What kind of servers.....
Webserver/email/sql/ect...

General:
A good AV and (spam filter if email)
Keep patches up to date
Run behind a router/FW close all un-needed ports/services and filter the open ports if possible.
Strong passwords!


----------



## r9 (Mar 26, 2010)

GUN under my pillow.


----------



## Solaris17 (Mar 26, 2010)

r9 said:


> GUN under my pillow.



um?


----------



## Disparia (Mar 26, 2010)

Patches/updates, strong passwords/prohibit weak encryption standards, limit hosts if you must connect to your SQL server remotely, check logs, don't be an open relay (email), etc.

As for coding, test it out. I keep the error log tailed while coding and purposely try to break my scripts/system.
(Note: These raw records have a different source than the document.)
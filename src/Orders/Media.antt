-- ===== src/Orders/Media.antt =====
-- The photos and videos of an order: `addMedia`, `addJobMedia` and `deleteMedia` of
-- apps/api/src/modules/orders/orders.service.ts, and apps/api/src/infra/storage/magic-bytes.ts.
pub mod Files
use handly_web_app.Prelude.{
  is_prefix, ℕ, Bool, true, false, not, ◌&&◌, ◌||◌, ◌==◌, nat_eq, leb, ltb, Option, none, some,
  List, [], ◌∷◌, length, drop, includes, lookup, insert, Table, is_some, nat_beq, if◌then◌else◌,
}
use handly_web_app.Contracts.{in_progress, completed, status_eq}
use handly_web_app.Store.{
  MediaKind, photo, video, Mime, jpeg, png, webp, gif, heic, mp4, quicktime, webm, unknown,
  Uploader, Media, Order, Db, Error, not_found, conflict, bad_request, unsupported_media_type,
  payload_too_large, M, ◌>>=◌, ◌>>◌, gets, modify, pure, guard, require, fresh_id, update_order,
  after,
}
use handly_web_app.Platform.{Platform}
use handly_web_app.Orders.State.{editable_statuses}
use handly_web_app.Orders.Access.{get_owned, get_owned_by_master}

-- A buffer is the list of its bytes.
pub record File : Type 0 where
  pub buffer : List ℕ
  pub mime : Mime

unfoldable pub bytes_equal : List ℕ → ℕ → List ℕ → Bool
bytes_equal buffer offset expected = is_prefix expected (drop offset buffer)

unfoldable pub is_iso_bmff : List ℕ → Bool
is_iso_bmff buffer = bytes_equal buffer 4 (0x66 ∷ 0x74 ∷ 0x79 ∷ 0x70 ∷ [])

-- `SIGNATURES`; a type without one is let through.
unfoldable pub matches_magic_bytes : List ℕ → Mime → Bool
matches_magic_bytes b jpeg = bytes_equal b 0 (0xff ∷ 0xd8 ∷ 0xff ∷ [])
matches_magic_bytes b png =
    bytes_equal b 0 (0x89 ∷ 0x50 ∷ 0x4e ∷ 0x47 ∷ 0x0d ∷ 0x0a ∷ 0x1a ∷ 0x0a ∷ [])
matches_magic_bytes b gif = bytes_equal b 0 (0x47 ∷ 0x49 ∷ 0x46 ∷ 0x38 ∷ [])
matches_magic_bytes b webp =
    bytes_equal b 0 (0x52 ∷ 0x49 ∷ 0x46 ∷ 0x46 ∷ [])
    && bytes_equal b 8 (0x57 ∷ 0x45 ∷ 0x42 ∷ 0x50 ∷ [])
matches_magic_bytes b heic = is_iso_bmff b
matches_magic_bytes b mp4 = is_iso_bmff b
matches_magic_bytes b quicktime = is_iso_bmff b
matches_magic_bytes b webm = bytes_equal b 0 (0x1a ∷ 0x45 ∷ 0xdf ∷ 0xa3 ∷ [])
matches_magic_bytes b unknown = true

-- `PHOTO_MIMES` and `VIDEO_MIMES`.
unfoldable pub kind_of : Mime → Option MediaKind
kind_of jpeg = some photo
kind_of png = some photo
kind_of webp = some photo
kind_of gif = some photo
kind_of heic = some photo
kind_of mp4 = some video
kind_of quicktime = some video
kind_of webm = some video
kind_of unknown = none

unfoldable pub max_bytes : Platform → MediaKind → ℕ
max_bytes p photo = p.upload_max_photo_bytes
max_bytes p video = p.upload_max_video_bytes

-- The key of the stored object is the storage's.
unfoldable pub save_media_file : Platform → ℕ → Order → File → Uploader → M (Unit {0})
save_media_file p id order file role = do
  guard (ltb (length order.media) p.order_max_media) bad_request
  kind ← require (kind_of file.mime) unsupported_media_type
  guard (matches_magic_bytes file.buffer file.mime) unsupported_media_type
  guard (leb (length file.buffer) (max_bytes p kind)) payload_too_large
  object_key ← fresh_id
  media ← fresh_id
  let row : Media = record {
    kind = kind;
    uploaded_by = role;
    object_key = object_key;
    mime = file.mime;
    size_bytes = length file.buffer;
  }
  update_order id (λ o. record o { media = insert media row o.media })

unfoldable pub add_media : Platform → ℕ → ℕ → File → M Order
add_media p customer id file = do
  order ← get_owned customer id
  guard (includes editable_statuses order.status) conflict
  save_media_file p id order file Uploader.customer
  get_owned customer id

unfoldable pub add_job_media : Platform → ℕ → ℕ → File → M Order
add_job_media p master id file = do
  order ← get_owned_by_master master id
  guard (order.status == in_progress || order.status == completed) conflict
  save_media_file p id order file Uploader.master
  get_owned_by_master master id

abbrev pub remove : ℕ → Table Media → Table Media
remove id [] = []
remove id ((k, m) ∷ t) = if nat_beq k id then t else (k, m) ∷ remove id t

unfoldable pub delete_media : ℕ → ℕ → ℕ → M Order
delete_media customer id media = do
  order ← get_owned customer id
  row ← require (lookup media order.media) not_found
  update_order id (λ o. record o { media = remove media o.media })
  get_owned customer id

pub data MediaRequest : Type 0 where
  attach attach_evidence : ℕ → ℕ → File → MediaRequest
  detach : ℕ → ℕ → ℕ → MediaRequest

unfoldable pub handle_media : Platform → MediaRequest → Db → Db
handle_media p (attach customer id file) db = after (add_media p customer id file db)
handle_media p (attach_evidence master id file) db = after (add_job_media p master id file db)
handle_media p (detach customer id media) db = after (delete_media customer id media db)

unfoldable pub run_media : Platform → List MediaRequest → Db → Db
run_media p [] db = db
run_media p (r ∷ rs) db = run_media p rs (handle_media p r db)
For injection, since I code in PHP5 I use PDO. The bindValue and bindParam methods prevent injection when someone tries to do a "1; drop all tables;" or "secret_destroy_server_command();"

If you're running someone else's scripts, pray that they knew what they were doing


----------



## jasper1605 (Mar 26, 2010)

Solaris17 said:


> are you talking about a desktop personal use PC? i was talking more about web hosting. and the security measures you take to make the site safe.
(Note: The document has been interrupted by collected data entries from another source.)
-- ===== src/Referrals.antt =====
-- apps/api/src/modules/referrals/referrals.service.ts.
pub mod Reward
pub mod Summary
use handly_web_app.Prelude.{
  ℕ, Bool, true, false, ◌&&◌, ◌==◌, nat_eq, if◌then◌else◌, Option, none, some, lookup, update,
  update_many, insert, find_first, is_some,
}
use handly_web_app.Contracts.{ReferralStatus, active, rewarded, referral_eq}
use handly_web_app.Store.{Referral, Cashback, Db, ok, M, ◌>>=◌, ◌>>◌, gets, modify, pure, fresh_id}

abbrev pub referral_reward_amount : ℕ
referral_reward_amount = 20000

abbrev pub is_referee : ℕ → ℕ → Referral → Bool
is_referee referee _ r = r.referee_id == referee

-- `create`, whose unique-constraint error is caught: one referral for each referee.
unfoldable pub create_referral : ℕ → ℕ → M (Unit {0})
create_referral referrer referee db =
    if is_some (find_first (is_referee referee) db.referrals)
    then ok tt db
    else (do
      id ← fresh_id
      let row : Referral = record {
        referrer_id = referrer;
        referee_id = referee;
        status = ReferralStatus.pending;
        rewarded_at = none;
      }
      modify (λ db. record db { referrals = insert id row db.referrals }))
        db

-- `referrer` is the user whose code was given, if a code was and there is such a user.
unfoldable pub record_signup : ℕ → Option ℕ → M (Unit {0})
record_signup referee none = pure tt
record_signup referee (some referrer) =
    if referrer == referee then pure tt else create_referral referrer referee

abbrev pub is_pending_referee : ℕ → ℕ → Referral → Bool
is_pending_referee referee _ r = r.referee_id == referee && r.status == ReferralStatus.pending

abbrev pub activated : Referral → Referral
activated r = record r { status = active }

unfoldable pub activate_on_verify : ℕ → M (Unit {0})
activate_on_verify referee =
    modify λ db. record db {
      referrals = update_many (is_pending_referee referee) activated db.referrals;
    }

abbrev pub rewarded_at_time : ℕ → Referral → Referral
rewarded_at_time now r = record r { status = rewarded; rewarded_at = some now }

abbrev pub is_active_referral : Option Referral → Bool
is_active_referral none = false
is_active_referral (some r) = r.status == active

-- The guarded write and the cashback record, for the referral as it was read.
unfoldable pub reward : ℕ → Referral → M (Option ℕ)
reward id referral db =
    if is_active_referral (lookup id db.referrals)
    then (do
      now ← gets (λ db. db.now)
      modify (λ db. record db { referrals = update id (rewarded_at_time now) db.referrals })
      cashback ← fresh_id
      let row : Cashback = record {
        user_id = referral.referrer_id;
        amount = referral_reward_amount;
        referral_id = id;
      }
      modify (λ db. record db { cashbacks = insert cashback row db.cashbacks })
      pure (some referral.referrer_id))
        db
    else pure none db

unfoldable pub reward_found : Option (ℕ × Referral) → M (Option ℕ)
reward_found none = pure none
reward_found (some (id, referral)) =
    if referral.status == active then reward id referral else pure none

unfoldable pub reward_on_first_payment : ℕ → M (Option ℕ)
reward_on_first_payment referee = do
  found ← gets (λ db. find_first (is_referee referee) db.referrals)
  reward_found found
lol sorry, apparently I have SRD today (selective reading disorder) and only see and read what I want to see and read not the actual question.


----------



## regexorcist (Mar 27, 2010)

I run an openBSD desktop with a samba file server (user based security)
which is behind a router (NAT). May be adding a firewall next month.


----------



## Solaris17 (Mar 27, 2010)

does anyone strongly believe that running the site off of a VM is a pretty good way to keep baddies away?


----------



## Easy Rhino (Mar 28, 2010)

i am not going to tell you! you will just hack me then!


----------



## copenhagen69 (Mar 28, 2010)

r9 said:


> GUN under my pillow.





Solaris17 said:


> um?



lol ... you dont have proof this does not work


----------



## D007 (Mar 29, 2010)

I just have a link in my signature wherever I go.
That leads to a pic of that kid, who got stabbed in the head with a knife, for cheating in CS.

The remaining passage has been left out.